A) Information on specific products and dosage forms can be obtained by referring to the Tradename List (Product Index)
B) Synonyms

Regadenoson

C) Physicochemical Properties

1) Molecular Weight

a) 408.37 (Prod Info LEXISCAN(TM) IV injection, 2008)

2) pH

a) 6.3 to 7.7 (Prod Info LEXISCAN(TM) IV injection, 2008)

Storage and Stability

A) Preparation

1) Intravenous route

a) Administer regadenoson dose as a rapid intravenous injection, over approximately 10 seconds, into a peripheral vein using a 22 gauge or larger catheter or needle (Prod Info LEXISCAN(TM) IV injection, 2008)
b) Immediately follow the injection with a 5 milliliter saline flush (Prod Info LEXISCAN(TM) IV injection, 2008).
c) Administer the radionuclide myocardial perfusion imaging agent 10 to 20 seconds after the saline flush. The radionuclide may be administered into the same catheter used to administer regadenoson (Prod Info LEXISCAN(TM) IV injection, 2008).

B) Intravenous route

1) Solution

a) Store regadenoson solution at controlled room temperature, 25 degrees Celsius (77 degrees Fahrenheit); excursions permitted to 15 to 30 degrees Celsius (59 to 86 degrees Fahrenheit) (Prod Info LEXISCAN(TM) IV injection, 2008).

Adult Dosage

Normal Dosage

Intravenous route

Radionuclide myocardial perfusion study, Pharmacologic Stress

a) The recommended dose is 0.4 milligrams administered as a rapid (approximately 10 seconds) intravenous injection. Following an immediate 5 milliliter saline flush, administer the radionuclide myocardial perfusion imaging agent 10 to 20 seconds later (Prod Info LEXISCAN(TM) IV injection, 2008).

Dosage in Renal Failure

A) In studies that included patients with varying degrees of renal function (n=18) and healthy subjects (n=6), the fraction of regadenoson excreted unchanged in the urine as well as renal clearance of regadenoson were decreased with increasing degree of renal impairment (mild, creatine clearance (CrCl) 50 milliliters/minute (mL/min) or greater; moderate, CrCl 30 to less than 50 mL/min; severe, CrCl less than 30 mL/min). This led to increased elimination half-lives and AUC values compared to healthy subjects (CrCl, 80 mL/min or higher). However, as the Cmax and Vd values were similar across the groups and as the plasma concentration-time profiles were not significantly affected during the early stages following dosing, dosage adjustments are not necessary in patients with renal impairment. Regadenoson has not been evaluated in endstage renal disease patients on dialysis (Prod Info LEXISCAN(TM) IV injection, 2008).

Dosage in Hepatic Insufficiency

A) Pharmacokinetics of regadenoson have not been evaluated in patients with hepatic impairments. However, as greater than 55% of the dose is excreted unchanged in the urine and as factors that decrease clearance are not expected to result in clinically meaningful changes following regadenoson dosing, dosage adjustments are not necessary in patients with hepatic impairment (Prod Info LEXISCAN(TM) IV injection, 2008).

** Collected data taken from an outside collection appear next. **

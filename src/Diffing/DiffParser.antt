-- ===== src/Diffing/DiffParser.antt =====
-- diffing/diff_parser.py: what `git diff` prints, read back. `bytes.decode("utf-8",
-- errors="replace")` is a parameter.
pub mod Quoting
pub mod Numstat
pub mod Patch
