-- ===== src/Domain.antt =====
-- The internal models of domain/: findings, change sets, the code index, business rules, reviews.
pub mod Finding
pub mod ChangeSet
pub mod CodeIndex
pub mod BusinessRule
pub mod AgentReview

Dosage in Geriatric Patients

A) As the pharmacokinetics of regadenoson were not significantly influenced by age in population analysis, no dose adjustments are needed in elderly patients (Prod Info LEXISCAN(TM) IV injection, 2008).

Pediatric Dosage

Normal Dosage

Intravenous route

1) The safety and efficacy of regadenoson have not been established in patients less than 18 years of age (Prod Info LEXISCAN(TM) IV injection, 2008).

Clinical Applications

Monitoring Parameters

A) Therapeutic

1) Physical Findings

a) Reliably access the extent of reversible perfusion abnormalities via radionucleotide Single Photon Emission Computed Tomography (SPECT)

B) Toxic

1) Electrocardiograms should be performed to monitor complications such as new arrhythmias, ischemia, and atrioventricular (AV) and sinoatrial (SA) nodal conduction abnormalities (Prod Info LEXISCAN(TM) IV injection, 2008).
2) Assess potential blood pressure changes (Prod Info LEXISCAN(TM) IV injection, 2008).
3) Observe for signs or symptoms of bronchoconstriction or respiratory compromise (Prod Info LEXISCAN(TM) IV injection, 2008).

Patient Instructions

A) Regadenoson (Injection)

Regadenoson

Used for nuclear heart stress tests when the patient cannot exercise.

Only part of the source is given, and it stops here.